Chinese open-source lab OpenBMB shipped MiniCPM-V 4.6 on May 11, a 1.3B-parameter vision-language model that runs natively on iPhone, Android, and HarmonyOS phones under Apache 2.0. The model accepts text, image, and video inputs and now leads the Artificial Analysis Intelligence Index for any open-weight model under 2B parameters, scoring 13 against Qwen3.5-0.8B at 10 while using 19x fewer output tokens.

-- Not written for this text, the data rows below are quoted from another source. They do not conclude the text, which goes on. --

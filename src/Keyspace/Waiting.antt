-- ===== src/Keyspace/Waiting.antt =====
-- `blpop` (app/handlers.go) up to the moment that a client is answered or waits.
use shitty_redis.Base.{
  suc, All, ◌≡◌, refl, ap, ◌∙◌, ◌⊎◌, true, false, List, [], ◌∷◌, ◌++◌, none, arith, inl, inr,
  length, length-append,
}
use shitty_redis.Base.Go.{Bytes, Returns}
use shitty_redis.Base.Int.{pos, ltb_ℤ}
use shitty_redis.Resp.Wire.{resp_encoder}
use shitty_redis.Listpack.Codec.{stored}
use shitty_redis.Quicklist.Ops
use shitty_redis.Quicklist.Models.{Storable}
use shitty_redis.Quicklist.Lpop.{lpop-Popped}
use shitty_redis.Txns.Ops.{put_watchers}
use shitty_redis.Keyspace.Store.{list, Db, find, keep, waiting, answer}
use shitty_redis.Keyspace.Lists.{as_list, push_key}
use shitty_redis.Keyspace.Blocking.{
  start_waiting, blpop_list, blpop_value, blpop_key, receive, is_waiting,
}
use shitty_redis.Keyspace.Laws.{find-keep}
use shitty_redis.Keyspace.Pushing.{Lists, put_watchers_self}
use shitty_redis.Keyspace.Reading.{list_reply}
use shitty_redis.Keyspace.Waiters.{value_of, receive-push_key}

-- `blpop` of a key with items answers at once with the key and the first item's stored text, and
-- leaves the others under the key.
pub blpop_key-Lists :
    (key : Bytes) (x : Bytes) (xs : List Bytes) (db : Db)
    → Lists key (x ∷ xs) db
    → Returns (blpop_key key db) λ r. (r.0 ≡ list_reply (key ∷ stored x ∷ [])) × Lists key xs r.1
unfolding blpop_key blpop_value as_list
blpop_key-Lists key x xs db (q, found, m) =
    let ((out, q'), popped, (same, m')) = lpop-Popped (pos 1) (x ∷ xs) q m in
    let some_left : ltb_ℤ (pos 0) (Ops.llen q) ≡ true =
      unfold Ops.llen in rw m.counted (ground arith) in
    (
      (list_reply (key ∷ out), keep key (list q') db),
      rw found (
          ap (λ b. blpop_list b key q db) some_left
          ∙ (unfold blpop_list answer resp_encoder in rw popped refl)),
      (ap (λ o. list_reply (key ∷ o)) same, (q', find-keep key (list q') db, m')),
    )

abbrev waiting_db : Bytes → Db → Db
waiting_db key db = record db {
  channels = suc db.channels;
  blpop_waiters = put_watchers key (db.blpop_waiters key ++ (db.channels ∷ [])) db.blpop_waiters;
}

-- `blpop` of a key with no items waits, last in the key's row.
pub blpop_key-Pending :
    (key : Bytes) (db : Db)
    → (find key db ≡ none) ⊎ Lists key [] db
    → Returns (blpop_key key db) λ r.
      (r.0 ≡ waiting db.channels)
      × (r.1.blpop_waiters key ≡ db.blpop_waiters key ++ (db.channels ∷ []))
unfolding blpop_key blpop_value start_waiting as_list
blpop_key-Pending key db (inl absent) = (
  (waiting db.channels, waiting_db key db),
  rw absent refl,
  (refl, put_watchers_self key _ db.blpop_waiters),
)
blpop_key-Pending key db (inr (q, found, m)) =
    let empty : ltb_ℤ (pos 0) (Ops.llen q) ≡ false = unfold Ops.llen in rw m.counted refl in
    (
      (waiting db.channels, waiting_db key db),
      rw found (ap (λ b. blpop_list b key q db) empty ∙ (unfold blpop_list in refl)),
      (refl, put_watchers_self key _ db.blpop_waiters),
    )

-- On a missing key, with a row in which the next channel does not stand and with nothing sent
-- into that channel, `blpop` waits on it. If the next command is an `rpush` to the key of at
-- least one item, all storable, it returns normally, and the client is then answered with the key
-- and the stored text of the item behind as many items as there were clients before it, if there
-- is one.
pub receive-blpop_key :
    (key : Bytes) (db : Db) (items front : List Bytes) (y : Bytes) (back : List Bytes)
    → find key db ≡ none
    → is_waiting db.channels (db.blpop_waiters key) ≡ false
    → value_of db.channels db.sent ≡ none
    → All Storable items
    → items ≡ front ++ (y ∷ back)
    → length (db.blpop_waiters key) ≡ length front
    → Returns (blpop_key key db) λ r.
      (r.0 ≡ waiting db.channels)
      × Returns (push_key Ops.rpush key items r.1) λ r'.
        Returns (receive key db.channels r'.1) λ r''. r''.0 ≡ list_reply (key ∷ stored y ∷ [])
unfolding blpop_key blpop_value start_waiting
receive-blpop_key key db items front y back absent fresh unsent st e len = (
  (waiting db.channels, waiting_db key db),
  rw absent refl,
  (
    refl,
    receive-push_key key [] items (waiting_db key db) (inr (unfold find in absent, refl)) st
        (rw e (rw (length-append front (y ∷ back)) (omega arith))) db.channels
        (db.blpop_waiters key) [] front y back (put_watchers_self key _ db.blpop_waiters) fresh
        unsent len e,
  ),
)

What this enables for creators
Small VLMs that run offline on a phone unlock workflows that previously required a cloud API call per asset. With MiniCPM-V 4.6 loaded via Ollama or llama.cpp on a recent iPhone or Android device, a creator can batch-caption a folder of screenshots, transcribe text from frames of a long video, generate alt-text for an entire portfolio without uploading anything, or build a private asset-tagging app that processes footage on-device. The model handles up to 128 video frames per inference, which covers most short-form clips for description and OCR passes.
Why it matters
Sub-2B multimodal models that match 2B-class accuracy and run on phones change the cost economics of creator tooling. A creator who tags 10,000 thumbnails through a cloud VLM pays per image and ships the data offsite; the same job on MiniCPM-V 4.6 runs locally for free with no upload. The result is a viable open alternative to closed mobile VLMs from Google and Apple for image-understanding work that does not need a frontier reasoning model.
Key details
MiniCPM-V 4.6 is built on the SigLIP2-400M vision encoder and the Qwen3.5-0.8B language backbone. The architecture introduces a mixed 4x/16x visual token compression scheme that cuts visual encoding FLOPs by more than 50 percent and improves token throughput by roughly 1.5x compared to Qwen3.5-0.8B. The model reaches Qwen3.5-2B level scores on OpenCompass, RefCOCO, HallusionBench, MUIRBench, and OCRBench, and leads sub-2B models on MMMU-Pro at 38 percent. Deployment surfaces include vLLM, SGLang, llama.cpp (GGUF), Transformers, and native iOS, Android, and HarmonyOS apps from the OpenBMB apps repo. Fine-tuning is supported through LLaMA-Factory and ms-swift, and the full release sits on Artificial Analysis for verified benchmarking.
What to do next
If you build creator tools, pull the GGUF weights from Hugging Face and benchmark MiniCPM-V 4.6 against whatever cloud VLM you currently call for captioning, OCR, or moderation. If you publish on mobile, test the iOS or Android demo app on a recent device and decide whether your captioning or accessibility features can move on-device. Creators who already run Liquid AI LFM2.5 or other edge models on their phones can add MiniCPM-V 4.6 as the multimodal layer of the same local stack.